Когда месяц назад один из стражников Башни Молчания передал монаху «послание от друзей», заодно признавшись, что исповедует христианство и почитает его за святого, черноризник удивился. Не меньше он недоумевал, когда в темнице рядом с ним оказалось совсем юное создание, девушка с огромными словно озера глазами, из которых горел свет и в которой чувствовался стержень, несвойственный простолюдинкам.

Ему все два года заточения не давали ничего, кроме воды, похлебки из костей и корки хлеба два раза в день. А тут, на тебе: и рис, и жареные голуби, и лепешки, и сыр… И все какой-то незнатной узнице, неспелой словно кислая слива? Фотий должен был докопаться до правды, ведь здесь хватало времени на молчание и размышления, на молитвы и воспоминания, почему бы не посвятить несколько часов досужим разговорам с сокамерницей, ведь жизнь посылает знакомства либо для счастья, либо для приобретения мудрости.

– Я царевна… – не скрываясь, ответила девушка.

– Так уж и царевна? – сыграл недоверие монах, хотя его жизненного опыта хватило бы с лихвой, чтобы отличить ложь от правды.

– Да, царевна, а ты кто?

– А я монах, гнию здесь за веру и неосторожную проповедь.

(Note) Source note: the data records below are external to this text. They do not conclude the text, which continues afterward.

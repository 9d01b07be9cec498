-- ===== src/Compile.antt =====
-- `bingo_compile_dfg` and the checks and tables of `bingo_emit_offload_c_code`. The pictures and the CSV
-- file that the source writes between the passes change nothing and are left out.
mod Sound
use he_mai_a.Prelude.{
  ℕ, ◌≡◌, Option, none, some, List, [], ◌∷◌, map, Result, ok, err, Error, ◌>>=◌, ◌>>◌,
}
use he_mai_a.Node.{KernelArgs, BingoNode}
use he_mai_a.Graph.{DiGraph}
use he_mai_a.Graph.Paths.{Algorithms}
use he_mai_a.Schedule.Sorting.{sort_by}
use he_mai_a.Dfg.{Config, Dfg}
use he_mai_a.Dfg.Ends.{bingo_transform_dfg_add_entry_node, bingo_transform_dfg_add_exit_nodes}
use he_mai_a.Dfg.DummySets.{bingo_transform_dfg_add_dummy_set_nodes}
use he_mai_a.Dfg.DummyChecks.{bingo_transform_dfg_add_dummy_check_nodes}
use he_mai_a.Dfg.DepInfo.{
  bingo_assign_normal_node_dep_check_info, bingo_assign_normal_node_dep_set_info,
}
use he_mai_a.Dfg.Resources.{
  bingo_transform_add_resource_sequencing_edges,
  bingo_transform_chain_dummy_sets_before_resource_successors,
}
use he_mai_a.Dfg.Conditional.{Policy}
use he_mai_a.Dfg.Conditional.Compile.{
  bingo_compile_conditional_regions, validate_cerf_cross_group_edges,
}
use he_mai_a.Dfg.Tags.{bingo_transform_dfg_allocate_dep_tags}
use he_mai_a.Validate.{
  collect_memory_handles, validate_memory_handles, validate_kernel_core_assignments,
}
use he_mai_a.Emit.{Emitted, nodes_of, bingo_emit_task_desc_list, bingo_emit_task_id_mapping_lists}

abbrev pub dep_tag_width : ℕ
dep_tag_width = 4

-- What the C code of one chiplet is printed from.
pub record Tables : Type 0 where
  pub descriptors : List Emitted
  pub device_ids : List (List (Option ℕ) × ℕ)
  pub host_ids : List (List (Option ℕ) × ℕ)

module _ (nx : DiGraph) (alg : Algorithms nx) (custom_args : Policy → ℕ → Option KernelArgs)
    (c : Config) where
  open nx use {Graph, nodes}

  -- sorted(self.node_list, key=lambda n: n.node_id)
  abbrev pub sorted_nodes : Dfg Graph → List BingoNode
  sorted_nodes s = nodes_of nx c s.heap (sort_by (λ r. (s.heap r).node_id) (nodes s.graph))

  -- The passes up to the dependency tags.
  pub transform : Dfg Graph → Result (Dfg Graph)
  transform s =
      bingo_compile_conditional_regions nx alg custom_args
        (bingo_transform_dfg_add_exit_nodes nx c (bingo_transform_dfg_add_entry_node nx c s))
      >>= λ (groups, t).
          (validate_cerf_cross_group_edges nx alg custom_args t
            >> bingo_transform_add_resource_sequencing_edges nx alg t)
          >>= λ (added, u). bingo_transform_dfg_add_dummy_set_nodes nx c u >>= λ v.
              bingo_transform_dfg_add_dummy_check_nodes nx
                (bingo_transform_chain_dummy_sets_before_resource_successors nx alg v).1
              >>= λ w. bingo_transform_dfg_allocate_dep_tags nx alg c dep_tag_width (
                  bingo_assign_normal_node_dep_check_info nx c
                    (bingo_assign_normal_node_dep_set_info nx c w))

  pub chiplet_tables : Dfg Graph → ℕ → Result Tables
  chiplet_tables s chiplet_id =
      bingo_emit_task_desc_list nx c s (some chiplet_id) >>= λ descriptors.
      let (device, host) = bingo_emit_task_id_mapping_lists nx c s (some chiplet_id) in
      ok (record { descriptors = descriptors; device_ids = device; host_ids = host })

  pub all_tables : Dfg Graph → List ℕ → Result (List Tables)
  all_tables s [] = ok []
  all_tables s (chiplet_id ∷ rest) =
      chiplet_tables s chiplet_id >>= λ first. all_tables s rest >>= λ others. ok (first ∷ others)

  pub bingo_emit_offload_c_code : Dfg Graph → Result (List Tables)
  bingo_emit_offload_c_code s =
      validate_kernel_core_assignments c (sorted_nodes s)
      >> (validate_memory_handles c (collect_memory_handles (sorted_nodes s))
          >> all_tables s c.chiplet_ids)

  pub bingo_compile_dfg : Dfg Graph → Result (Dfg Graph × List Tables)
  bingo_compile_dfg s =
      transform s >>= λ t. bingo_emit_offload_c_code t >>= λ tables. ok (t, tables)
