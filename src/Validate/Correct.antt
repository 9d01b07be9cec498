-- ===== src/Validate/Correct.antt =====
-- The validations against independent descriptions of what they accept.
use he_mai_a.Prelude.{
  ◌<◌, ◌≡◌, ◌↔◌, ◌⊎◌, inl, inr, refl, String, true, false, ◌||◌, List, [], ◌∷◌, ltb, ◌==◌,
  if◌then◌else◌, ok, Error, ◌>>◌, require, arith, All, require_iff, require_only_iff, sequence_iff,
}
use he_mai_a.Prelude.Members.{contains}
use text.Mathlib.Text.{starts_with}
use text.Mathlib.Text
use text.Mathlib.TextEquality.{eq_iff}
use he_mai_a.Node.{BingoMemAlloc}
use he_mai_a.Dfg.{Config}
use he_mai_a.Validate.{validate_memory_handle, validate_memory_handles}

module _ (c : Config) where
  -- A buffer of at least one byte, in the memory of a cluster or in one that a chiplet of the graph has
  -- once.
  abbrev pub IsPlaced : BingoMemAlloc → Type 0
  IsPlaced h =
      (0 < h.size)
      × (contains c.chiplet_ids h.chip_id ≡ true)
      × (((h.mem_level ≡ "L1") × (h.cluster_id < c.num_clusters_per_chiplet))
          ⊎ (((h.mem_level ≡ "L2") ⊎ (h.mem_level ≡ "L3")) × (h.cluster_id ≡ 0)))

  -- What the last test of the loop's body asks.
  level_test_iff :
      (h : BingoMemAlloc)
      → ((if Text.◌==◌ h.mem_level "L1"
            then require (ltb h.cluster_id c.num_clusters_per_chiplet) Error.invalid_cluster_id
            else require (h.cluster_id == 0) Error.cluster_on_shared_level)
          ≡ ok tt)
        ↔ (((Text.◌==◌ h.mem_level "L1" ≡ true) × (h.cluster_id < c.num_clusters_per_chiplet))
            ⊎ ((Text.◌==◌ h.mem_level "L1" ≡ false) × (h.cluster_id ≡ 0)))
  level_test_iff h = ground (
    arith,
    require_only_iff (ltb h.cluster_id c.num_clusters_per_chiplet) Error.invalid_cluster_id,
    require_only_iff (h.cluster_id == 0) Error.cluster_on_shared_level,
  )

  not_L1 : (level : String) → (level ≡ "L2") ⊎ (level ≡ "L3") → Text.◌==◌ level "L1" ≡ false
  not_L1 level (inl e) = rw e refl
  not_L1 level (inr e) = rw e refl

  validate_handle_lem : (h : BingoMemAlloc) → (validate_memory_handle c h ≡ ok tt) ↔ IsPlaced h
  unfolding validate_memory_handle
  validate_handle_lem h =
      let l1 = Text.◌==◌ h.mem_level "L1" in
      let l2 = Text.◌==◌ h.mem_level "L2" in
      let l3 = Text.◌==◌ h.mem_level "L3" in
      let place =
        (if l1
          then require (ltb h.cluster_id c.num_clusters_per_chiplet) Error.invalid_cluster_id
          else require (h.cluster_id == 0) Error.cluster_on_shared_level) in
      ground (
        arith,
        require_iff (l1 || l2 || l3) Error.invalid_mem_level (
            require (ltb 0 h.size) Error.invalid_size
            >> require (contains c.chiplet_ids h.chip_id) Error.invalid_chip_id
            >> place),
        require_iff (ltb 0 h.size) Error.invalid_size
            (require (contains c.chiplet_ids h.chip_id) Error.invalid_chip_id >> place),
        require_iff (contains c.chiplet_ids h.chip_id) Error.invalid_chip_id place,
        level_test_iff h,
        eq_iff h.mem_level "L1",
        eq_iff h.mem_level "L2",
        eq_iff h.mem_level "L3",
        not_L1 h.mem_level,
      )

  -- The memory handles are accepted exactly when each is placed: it has a positive size and a chiplet of
  -- the graph, and either lies in L1 of an existing cluster or in L2 or L3 with cluster 0.
  pub validate_memory_handles_lem :
      (hs : List BingoMemAlloc) → (validate_memory_handles c hs ≡ ok tt) ↔ All IsPlaced hs
  unfolding validate_memory_handles
  validate_memory_handles_lem [] = (λ e. tt, λ e. refl)
  validate_memory_handles_lem (h ∷ hs) =
      let first = validate_handle_lem h in
      let rest = validate_memory_handles_lem hs in
      let both = sequence_iff (validate_memory_handle c h) (validate_memory_handles c hs) in
      (λ e. (first.0 (both.0 e).0, rest.0 (both.0 e).1), λ p. both.1 (first.1 p.0, rest.1 p.1))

– И в кого же ты веришь? – смерила царевна монаха оценивающим взглядом. Старик, пожалуй, был еще худее нее, он бы истлел до основания, так ей, по крайней мере, показалось, если б она его не решила подкармливать. Она делала это молча, целую неделю, в благодарность он и заговорил. Так она считала.

– В единого Бога, в сына его Иисуса, в святой дух, а не в идолов, как русичи, и не в Мамону, как фарисеи, подобные нашему тюремщику Иосифу.

– Он приказал убить моего наставника. И хазары ответят за это, и за то, что разъединили мой народ. Мой великий дед, я внучка его брата, булгарский царь Борис тоже принял твою веру, это ведь вера ромеев. Только это не помогло ему! И теперь меня хотят отдать в заложницы перемирия в Константинополь. Я залог мира…

– Ах вот как, ты внучатая племянница святого царя. Он спас многих, таких как я, в Моравии, и позволил нести свет язычникам, и не пощадил собственного сына, который пошел против веры. Сам же ушел в монастырь, и теперь царь булгар другой его сын Симеон. Такой же праведный, как его отец.

– Это мой брат, но я его никогда не видела, правду говорят, что он очень могучий? Он вызволит меня отсюда…

– Он могучий, но он в состоянии войны с Византией, а Византия союзница Хазарии… Поэтому, наверное, ты здесь. В «Террариуме»… И живешь в соседстве со змеями. Но тебя при этом кормят намного лучше пресмыкающихся и стариков.

Девушка оценила шутку, но лишь снисходительно улыбнулась, посчитав смех в тюрьме недопустимой роскошью.

– Мне теперь ясно, почему тебя так берегут и так кормят, – продолжил Фотий, – Иосиф своего не упустит, он продаст тебя византийцам, и тогда император потребует у царя булгар другую заложницу, например его сестру. Уверен, что тебя царь Симеон даже не помнит, с сестрой ему будет расстаться гораздо тяжелее.

– То есть я не смогу помочь царю? Я не смогу стать заложницей? – едва не заплакала царевна.

– Не всегда, чтобы помочь надо стать заложником. Иногда став заложником, человек утрачивает возможность чем-либо помочь. Человек всегда сильнее, когда свободен. Возможно, ты принесешь своему дяде гораздо больше пользы на свободе, чем оставшись в плену у союзников его врагов. Сегодня мы выйдем из этой тюрьмы на волю, а там посмотрим, что принесет нам грядущее.

– Но как? Как мы отсюда выйдем? – не поверила царевна.

– Оказывается есть способ, я и сам не верил… И есть люди, готовые нас вызволить. Для меня это было откровением, но молитва была услышана. Ночью за нами придут… Кстати, ты не сказала мне свое имя.